Todos os condomínios do ‘Minha casa, minha vida’ no Rio são alvos do crime organizado
Todos os condomínios do “Minha casa, minha vida” destinados às
famílias mais pobres — a chamada faixa 1 de financiamento — no município
do Rio são alvo da ação de grupos criminosos. Após três meses de
apuração, o EXTRA revela que, nos 64 conjuntos já construídos pelo programa federal,
as 18.834 famílias beneficiadas são submetidas a situações como
expulsões, reuniões de condomínio feitas por bandidos, bocas de fumo em
apartamentos, interferência do tráfico no sorteio dos novos moradores,
espancamentos e homicídios.
Para chegar a essa constatação, mais
de 200 pessoas foram ouvidas, entre moradores, síndicos, policiais civis
e militares, promotores, funcionários públicos e terceirizados,
pesquisadores e autoridades. Além disso, foram analisados documentos da
Polícia Civil, do Ministério Público, da Secretaria municipal de
Habitação, do Disque-Denúncia, da Caixa Econômica Federal e do
Ministério das Cidades, parte deles obtidos por meio da Lei de Acesso à
Informação. O material dá origem à série de reportagens “Minha casa,
minha sina”, que começa a ser publicada neste domingo.
No primeiro
capítulo da série, o EXTRA revela que pelo menos 80 famílias foram
expulsas do condomínio Haroldo de Andrade I, em Barros Filho, Zona Norte
do Rio, após uma ordem do criminoso mais procurado do Rio, Celso
Pinheiro Pimenta, o Playboy. Uma investigação da Polícia Civil mostra
que o chefe do tráfico do Complexo da Pedreira, em Costa Barros — bairro
vizinho ao conjunto —, distribuiu os apartamentos, que as famílias
beneficiadas foram obrigadas a deixar, entre aliados.

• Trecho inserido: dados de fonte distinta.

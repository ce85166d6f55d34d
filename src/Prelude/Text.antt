-- ===== src/Prelude/Text.antt =====
-- Python's text operations that the program calls, over ASCII whitespace and letters.
use Prim.Native.Char.{Char, code, nul}
use Prim.Native.String.{◌++◌}
use contract_management.Prelude.{
  ℕ, zero, suc, ◌-◌, ◌/◌, ◌%◌, String, ◌≡◌, refl, Bool, true, false, not, ◌&&◌, ◌||◌, arith, str_eq,
  nat_eq, leb, ltb, if◌then◌else◌,
}

-- The truth value of a text, `None` being read as the empty text.
abbrev pub truthy : String → Bool
truthy s = not (str_eq s "")

is_space : Char → Bool
is_space c = nat_eq (code c) 32 || (leb 9 (code c) && leb (code c) 13)

-- Without whitespace in front.
lstrip : String → String
unfolding is_space
lstrip String.[] = String.[]
lstrip (String.◌∷◌ c s) = if is_space c then lstrip s else String.◌∷◌ c s

-- Without whitespace at the end.
rstrip : String → String
unfolding is_space
rstrip String.[] = String.[]
rstrip (String.◌∷◌ c s) =
    let rest = rstrip s in if is_space c && str_eq rest "" then "" else String.◌∷◌ c rest

-- s.strip()
unfoldable pub strip : String → String
unfolding lstrip rstrip
strip s = rstrip (lstrip s)

-- The character at an index, or `c` past the end.
nth : Char → String → ℕ → Char
nth c String.[] n = c
nth c (String.◌∷◌ d s) zero = d
nth c (String.◌∷◌ d s) (suc n) = nth c s n

lower_char : Char → Char
unfolding nth
lower_char c =
    if leb 65 (code c) && leb (code c) 90
    then nth c "abcdefghijklmnopqrstuvwxyz" (code c - 65)
    else c

-- s.lower()
unfoldable pub lower : String → String
unfolding lower_char
lower String.[] = String.[]
lower (String.◌∷◌ c s) = String.◌∷◌ (lower_char c) (lower s)

-- "".join(s.split())
unfoldable pub remove_spaces : String → String
unfolding is_space
remove_spaces String.[] = String.[]
remove_spaces (String.◌∷◌ c s) =
    let rest = remove_spaces s in if is_space c then rest else String.◌∷◌ c rest

-- s.startswith(p)
unfoldable pub has_prefix : String → String → Bool
has_prefix String.[] s = true
has_prefix (String.◌∷◌ c p) String.[] = false
has_prefix (String.◌∷◌ c p) (String.◌∷◌ d s) = nat_eq (code c) (code d) && has_prefix p s

-- p in s
unfoldable pub occurs_in : String → String → Bool
unfolding has_prefix
occurs_in p String.[] = str_eq p ""
occurs_in p (String.◌∷◌ d s) = has_prefix p (String.◌∷◌ d s) || occurs_in p s

digit : ℕ → String
unfolding nth
digit n = String.◌∷◌ (nth nul "0123456789" n) String.[]

-- The decimal digits of a number, with fuel for one digit each.
decimal_with : ℕ → ℕ → String
unfolding digit
decimal_with zero n = ""
decimal_with (suc fuel) n =
    let front = decimal_with fuel (n / 10) in if ltb n 10 then digit n else front ++ digit (n % 10)

-- str(n); a number has fewer digits than its value plus one.
unfoldable pub decimal : ℕ → String
unfolding decimal_with
decimal n = decimal_with (suc n) n

decimal_digits : decimal 307 ≡ "307"
unfolding decimal
decimal_digits = refl

strip_spaces : strip "  a b " ≡ "a b"
unfolding strip
strip_spaces = refl

lower_letters : lower "Ab-Z" ≡ "ab-z"
unfolding lower
lower_letters = refl

-- What is left starts with no whitespace, so stripping it again from the left changes nothing.
lstrip_idem : (s : String) → lstrip (lstrip s) ≡ lstrip s
unfolding lstrip
lstrip_idem String.[] = refl
lstrip_idem (String.◌∷◌ c s) = ground (arith, lstrip_idem s)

Em outubro do ano passado, em meio a uma disputa entre facções do
tráfico por territórios na Zona Norte, Playboy gravou um áudio
endereçado a rivais. No discurso, conta que deu casas a bandidos que
mudaram de facção e se juntaram ao seu exército: “Os ‘menor’ tá aqui, tá
na pureza, ganharam apartamento, ganharam vários ‘bagulho’”.
As
cerca de 80 famílias expulsas não foram escolhidas ao acaso. Todas
vieram das proximidades de Manguinhos, favela dominada por uma facção
rival. A vendedora Maria*, de 54 anos, se lembra com exatidão da noite,
em abril do ano passado, em que foi obrigada a deixar, com seus quatro
filhos, o apartamento recém-decorado.
— Os bandidos perguntaram,
armados, de onde nós tínhamos vindo. Quando viram meu contrato com meu
antigo endereço em Manguinhos, deram um dia para sair — lembra Maria.
O
secretário de Segurança José Mariano Beltrame soube da invasão ao
condomínio através de um ofício da Polícia Federal, que comunicou a
presença de “pessoas armadas impedindo o acesso dos moradores”. O
documento foi remetido à 39ª DP, que abriu um inquérito no início deste
mês para apurar o caso. A Secretaria estadual de Segurança, porém,
informou que só a Polícia Civil iria se manifestar sobre o ocorrido.
Por
nota, a Civil confirmou que há inquéritos abertos sobre a presença do
tráfico de drogas “em alguns empreendimentos do ‘Minha casa, minha
vida’”, acrescentando que “as investigações estão em andamento e correm
sob sigilo”.
Convidado a se manifestar sobre a situação das 80
famílias expulsas pelo tráfico, o Ministério das Cidades avisou que não
se pronunciaria, por se tratar de “caso de segurança pública”. Já a
Caixa afirmou que “as denúncias relacionadas a possíveis invasões e
expulsões de moradores são repassadas ao Ministério da Justiça”.